How IT can solve for the pressure of supporting work anywhere

How IT can solve for the pressure of supporting work anywhere


In Brief:

  • Employees spent 11% more time on laptops, smartphones or tablets in 2020, according to the Gartner 2021 Digital Worker Experience Survey. The survey polled 10,080 full-time in the U.S., Europe and Asia-Pacific between November and December 2020.
  • More than half of respondents say they use personally obtained apps or web services for collaboration, and 55% use personally owned devices for work some of the time.
  • As a response to the changes in work patterns, IT must ensure tools and processes can support work from any device and location, said Stuart Downes, senior director analyst at Gartner. "People will be working anywhere now, and they'll be working anywhere in the future," said Downes, speaking at the Gartner Digital Workplace Summit Monday.
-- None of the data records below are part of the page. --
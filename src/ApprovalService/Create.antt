-- ===== src/ApprovalService/Create.antt =====
-- What a created request is (approval_service.py).
use openmuse.Common.{
  ℕ, ◌+◌, String, Text, ◌≡◌, inl, inr, false, ok, arith, Bool-cases, contains, insert,
}
use openmuse.Common.Json.{Json, field, end}
use openmuse.Models.{Action}
use openmuse.Runtime.{Runtime}
use openmuse.ApprovalService.{ApprovalRequest, Table, session_of, create}

module _ (r : Runtime) (session_key : Text) where
  -- A request that was created: its identifier was free, it is the stored row, it is pending, and its
  -- session is the one that `decide` expects.
  pub record Created (t : Table) (action : Action) (ttl_seconds : ℕ) (fresh_id : String) (now : ℕ)
      (q : ApprovalRequest) (session : Text) (t' : Table) : Type 0 where
    pub free : contains fresh_id t ≡ false
    pub named : q.id ≡ fresh_id
    pub expiry : q.expires_at ≡ now + ttl_seconds
    pub pending : q.status ≡ "pending"
    pub holder : session ≡ session_of r session_key fresh_id (now + ttl_seconds)
    pub action_json :
        q.action_json
        ≡ r.dumps (
            Json.obj (
              field "id" (Json.str action.id) (
                field "tool"
                  (Json.str action.tool)
                  (field "arguments" (Json.obj action.arguments) end))))
    pub stored : t' ≡ insert fresh_id q t

  pub create-Created :
      (t t' : Table) (action : Action) (identity destination : String) (ttl_seconds : ℕ)
      (fresh_id : String) (now : ℕ) (q : ApprovalRequest) (session : Text)
      → create r session_key t action identity destination ttl_seconds fresh_id now
        ≡ ok ((q, session), t')
      → Created t action ttl_seconds fresh_id now q session t'
  unfolding create
  create-Created t t' action identity destination ttl_seconds fresh_id now q session h =
      elim (Bool-cases (contains fresh_id t)) [
        | inl taken ↦ absurd (ground (arith, h, taken))
        | inr free ↦ record {
          free = free;
          named = ground (arith, h, free);
          expiry = ground (arith, h, free);
          pending = ground (arith, h, free);
          holder = ground (arith, h, free);
          action_json = ground (arith, h, free);
          stored = ground (arith, h, free);
        }
      ]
Employees gained tech savvy after the remote work transition, with 18% of workers grading themselves as digital technology experts after the COVID-19 crisis. Over half would say they're proficient at it, according to the survey.

But workers who have seen productivity decrease blame connectivity issues and technology changes as the main culprit, a sign that IT is increasingly responsible for upholding operations — which in turn has taken an emotional toll on tech workers.

Leaders must think about how to improve IT support under a work-from-anywhere model, according to Downes. 

"The challenge here is that support was traditionally done through face-to-face contact," said Downes. "That's not possible in a work-from-home model, or in a model where employees might work from home two days a week, and come to the office three days a week."

To reduce the physical friction of "anywhere" tech support, IT departments can move to cloud-based unified endpoint management solutions and enable remote access capabilities.

The next step is to lower the frequency of minor issues that hamper operations. Two-thirds of enterprise decision makers say an outage has caused their business to lose productivity, according to data from LogicMonitor.

"To reduce the number of incidents you need to go back to basics," said Downes. "Go into your incident records and look for common problems and engineer those problems out of the environments." 

With the analytics capabilities of unified endpoint management solutions, leaders can access insights into user experience and the performance of devices. It can also show which faults can be solved centrally and where the IT support bottlenecks are.

Teams can put in the work to deploy an IT support model that is "more self-healing, much more focused on self-help," and lets users access support portals or applications," according to Downes.

And while some IT departments turned to automation last year, there's still room to enhance the IT support function with more automation.

"Automate like mad," said Downes. "Make sure that the automation that you do is driven by an understanding of what needs to be automated, use the data from your systems to help identify what should be automated ... and constantly attack the automation targets that will return most value."